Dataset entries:
################

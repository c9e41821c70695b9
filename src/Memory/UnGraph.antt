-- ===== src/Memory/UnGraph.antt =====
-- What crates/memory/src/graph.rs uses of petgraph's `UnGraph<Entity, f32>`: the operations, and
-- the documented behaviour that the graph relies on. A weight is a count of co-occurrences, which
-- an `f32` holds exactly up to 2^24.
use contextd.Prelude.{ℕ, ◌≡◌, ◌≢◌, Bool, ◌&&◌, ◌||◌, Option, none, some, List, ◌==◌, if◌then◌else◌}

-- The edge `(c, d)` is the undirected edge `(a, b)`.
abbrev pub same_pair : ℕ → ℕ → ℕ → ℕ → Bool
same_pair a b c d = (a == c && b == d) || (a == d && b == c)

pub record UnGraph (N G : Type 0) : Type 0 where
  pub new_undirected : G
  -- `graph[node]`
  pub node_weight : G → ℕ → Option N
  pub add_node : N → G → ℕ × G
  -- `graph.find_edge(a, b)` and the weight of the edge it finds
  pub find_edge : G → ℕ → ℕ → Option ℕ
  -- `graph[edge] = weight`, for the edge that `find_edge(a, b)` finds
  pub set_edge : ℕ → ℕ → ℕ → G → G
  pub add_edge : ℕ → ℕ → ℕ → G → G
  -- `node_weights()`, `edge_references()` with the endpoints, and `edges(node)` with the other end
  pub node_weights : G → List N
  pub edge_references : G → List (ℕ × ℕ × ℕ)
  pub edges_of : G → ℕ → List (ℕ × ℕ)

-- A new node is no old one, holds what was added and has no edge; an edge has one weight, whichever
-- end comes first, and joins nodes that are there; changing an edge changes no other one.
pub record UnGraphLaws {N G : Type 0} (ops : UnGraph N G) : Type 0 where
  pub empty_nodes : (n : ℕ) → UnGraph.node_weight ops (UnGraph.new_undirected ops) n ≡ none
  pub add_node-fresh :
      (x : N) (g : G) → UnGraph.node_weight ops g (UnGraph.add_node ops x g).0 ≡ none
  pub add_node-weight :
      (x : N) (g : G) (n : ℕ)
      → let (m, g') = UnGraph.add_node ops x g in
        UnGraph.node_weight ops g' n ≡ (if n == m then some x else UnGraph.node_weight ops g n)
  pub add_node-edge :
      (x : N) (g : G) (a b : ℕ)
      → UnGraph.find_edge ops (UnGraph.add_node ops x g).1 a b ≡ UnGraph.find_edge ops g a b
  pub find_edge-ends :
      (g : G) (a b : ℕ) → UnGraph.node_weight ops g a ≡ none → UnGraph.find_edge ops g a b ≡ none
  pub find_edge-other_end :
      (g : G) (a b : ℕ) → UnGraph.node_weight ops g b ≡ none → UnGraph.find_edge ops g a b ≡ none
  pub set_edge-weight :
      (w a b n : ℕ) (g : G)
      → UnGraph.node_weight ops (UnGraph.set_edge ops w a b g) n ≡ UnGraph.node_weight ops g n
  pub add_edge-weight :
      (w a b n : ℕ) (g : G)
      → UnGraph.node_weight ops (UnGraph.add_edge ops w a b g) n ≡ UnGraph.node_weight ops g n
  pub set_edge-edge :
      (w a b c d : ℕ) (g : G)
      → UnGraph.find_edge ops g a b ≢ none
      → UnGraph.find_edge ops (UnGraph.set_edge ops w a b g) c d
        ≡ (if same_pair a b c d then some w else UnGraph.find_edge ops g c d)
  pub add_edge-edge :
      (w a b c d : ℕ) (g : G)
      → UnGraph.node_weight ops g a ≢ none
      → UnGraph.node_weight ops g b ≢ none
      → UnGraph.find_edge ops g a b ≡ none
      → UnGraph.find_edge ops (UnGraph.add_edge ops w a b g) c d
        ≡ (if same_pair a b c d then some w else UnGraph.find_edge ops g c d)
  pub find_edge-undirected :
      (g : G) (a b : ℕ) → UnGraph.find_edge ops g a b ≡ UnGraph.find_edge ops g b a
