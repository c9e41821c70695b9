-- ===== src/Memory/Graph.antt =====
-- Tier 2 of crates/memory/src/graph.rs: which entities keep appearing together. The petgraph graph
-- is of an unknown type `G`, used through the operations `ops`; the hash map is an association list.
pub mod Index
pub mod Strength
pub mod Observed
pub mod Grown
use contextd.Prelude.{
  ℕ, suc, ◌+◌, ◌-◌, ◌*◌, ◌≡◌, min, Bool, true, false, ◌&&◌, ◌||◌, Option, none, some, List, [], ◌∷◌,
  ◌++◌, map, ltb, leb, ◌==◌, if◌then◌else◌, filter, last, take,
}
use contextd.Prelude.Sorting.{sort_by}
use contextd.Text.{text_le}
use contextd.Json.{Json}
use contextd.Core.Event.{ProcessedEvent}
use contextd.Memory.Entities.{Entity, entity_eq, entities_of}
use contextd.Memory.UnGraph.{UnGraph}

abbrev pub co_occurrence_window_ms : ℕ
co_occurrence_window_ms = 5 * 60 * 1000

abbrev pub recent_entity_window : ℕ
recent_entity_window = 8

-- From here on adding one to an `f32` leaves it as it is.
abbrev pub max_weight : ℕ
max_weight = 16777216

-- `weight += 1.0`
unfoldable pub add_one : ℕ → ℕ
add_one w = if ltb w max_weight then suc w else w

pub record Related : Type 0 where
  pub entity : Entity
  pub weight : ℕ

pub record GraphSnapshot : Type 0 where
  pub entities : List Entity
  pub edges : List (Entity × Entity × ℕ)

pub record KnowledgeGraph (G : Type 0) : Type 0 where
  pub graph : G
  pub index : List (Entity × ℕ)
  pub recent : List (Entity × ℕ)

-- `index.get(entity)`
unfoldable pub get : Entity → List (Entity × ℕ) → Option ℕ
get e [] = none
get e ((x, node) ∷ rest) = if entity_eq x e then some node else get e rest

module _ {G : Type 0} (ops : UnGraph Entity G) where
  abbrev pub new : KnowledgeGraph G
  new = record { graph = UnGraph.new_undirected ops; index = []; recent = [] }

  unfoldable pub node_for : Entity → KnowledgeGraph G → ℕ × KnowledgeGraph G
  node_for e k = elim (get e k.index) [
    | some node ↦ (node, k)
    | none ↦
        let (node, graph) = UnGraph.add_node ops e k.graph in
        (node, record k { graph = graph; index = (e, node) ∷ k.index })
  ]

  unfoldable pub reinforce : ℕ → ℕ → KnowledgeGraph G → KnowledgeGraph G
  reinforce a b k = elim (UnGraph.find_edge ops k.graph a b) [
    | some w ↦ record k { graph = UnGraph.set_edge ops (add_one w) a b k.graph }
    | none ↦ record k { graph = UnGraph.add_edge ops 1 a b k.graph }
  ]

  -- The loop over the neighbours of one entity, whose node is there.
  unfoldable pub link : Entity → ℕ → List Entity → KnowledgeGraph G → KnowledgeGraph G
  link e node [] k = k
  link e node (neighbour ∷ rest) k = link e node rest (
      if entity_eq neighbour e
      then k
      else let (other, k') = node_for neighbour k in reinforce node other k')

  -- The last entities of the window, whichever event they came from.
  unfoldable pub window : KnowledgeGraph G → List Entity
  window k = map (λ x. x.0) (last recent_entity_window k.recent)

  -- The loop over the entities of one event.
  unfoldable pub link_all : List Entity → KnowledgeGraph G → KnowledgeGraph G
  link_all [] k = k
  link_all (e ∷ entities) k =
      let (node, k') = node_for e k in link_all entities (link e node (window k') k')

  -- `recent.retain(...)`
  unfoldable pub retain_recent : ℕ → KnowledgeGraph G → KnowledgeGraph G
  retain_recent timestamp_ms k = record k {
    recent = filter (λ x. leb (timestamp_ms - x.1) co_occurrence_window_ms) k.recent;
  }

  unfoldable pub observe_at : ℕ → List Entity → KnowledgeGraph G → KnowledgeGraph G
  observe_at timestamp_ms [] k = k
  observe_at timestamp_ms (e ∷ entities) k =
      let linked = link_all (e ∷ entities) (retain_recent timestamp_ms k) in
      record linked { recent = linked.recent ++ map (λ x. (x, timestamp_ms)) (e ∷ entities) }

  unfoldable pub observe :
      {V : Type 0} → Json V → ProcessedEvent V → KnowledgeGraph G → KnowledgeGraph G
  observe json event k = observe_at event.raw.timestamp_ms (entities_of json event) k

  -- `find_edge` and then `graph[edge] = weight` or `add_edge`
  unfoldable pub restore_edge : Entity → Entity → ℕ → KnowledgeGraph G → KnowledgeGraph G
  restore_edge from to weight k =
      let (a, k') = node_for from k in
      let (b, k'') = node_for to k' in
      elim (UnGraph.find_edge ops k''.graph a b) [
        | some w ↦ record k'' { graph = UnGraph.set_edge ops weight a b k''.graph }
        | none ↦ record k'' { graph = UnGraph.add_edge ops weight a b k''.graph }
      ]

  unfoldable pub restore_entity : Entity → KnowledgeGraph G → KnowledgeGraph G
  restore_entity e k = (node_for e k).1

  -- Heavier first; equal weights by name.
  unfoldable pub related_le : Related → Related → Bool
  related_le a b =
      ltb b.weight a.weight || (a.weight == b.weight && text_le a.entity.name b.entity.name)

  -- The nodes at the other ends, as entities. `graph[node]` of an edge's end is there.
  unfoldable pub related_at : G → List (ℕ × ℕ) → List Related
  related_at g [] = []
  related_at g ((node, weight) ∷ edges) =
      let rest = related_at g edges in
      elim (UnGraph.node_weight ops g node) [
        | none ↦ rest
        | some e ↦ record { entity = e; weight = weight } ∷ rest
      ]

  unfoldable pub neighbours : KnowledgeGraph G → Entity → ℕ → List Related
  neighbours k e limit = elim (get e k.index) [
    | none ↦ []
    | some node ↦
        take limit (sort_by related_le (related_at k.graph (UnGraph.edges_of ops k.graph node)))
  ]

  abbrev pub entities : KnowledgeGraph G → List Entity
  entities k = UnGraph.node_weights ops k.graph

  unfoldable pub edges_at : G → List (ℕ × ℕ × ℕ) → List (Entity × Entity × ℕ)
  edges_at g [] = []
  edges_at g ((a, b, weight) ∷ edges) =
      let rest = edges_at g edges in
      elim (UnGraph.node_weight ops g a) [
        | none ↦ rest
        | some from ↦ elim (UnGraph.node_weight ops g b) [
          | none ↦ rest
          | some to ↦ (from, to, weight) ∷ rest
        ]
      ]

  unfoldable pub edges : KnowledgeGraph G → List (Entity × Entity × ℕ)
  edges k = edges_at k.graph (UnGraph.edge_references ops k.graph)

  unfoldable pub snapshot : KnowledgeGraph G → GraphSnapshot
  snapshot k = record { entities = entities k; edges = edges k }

################

## About this task
Each line above that has the word "Bool" must be copied.

## Response below
use contextd.Prelude.{ℕ, ◌≡◌, ◌≢◌, Bool, ◌&&◌, ◌||◌, Option, none, some, List, ◌==◌, if◌then◌else◌}
abbrev pub same_pair : ℕ → ℕ → ℕ → ℕ → Bool
  ℕ, suc, ◌+◌, ◌-◌, ◌*◌, ◌≡◌, min, Bool, true, false, ◌&&◌, ◌||◌, Option, none, some, List, [], ◌∷◌,
  unfoldable pub related_le : Related → Related → Bool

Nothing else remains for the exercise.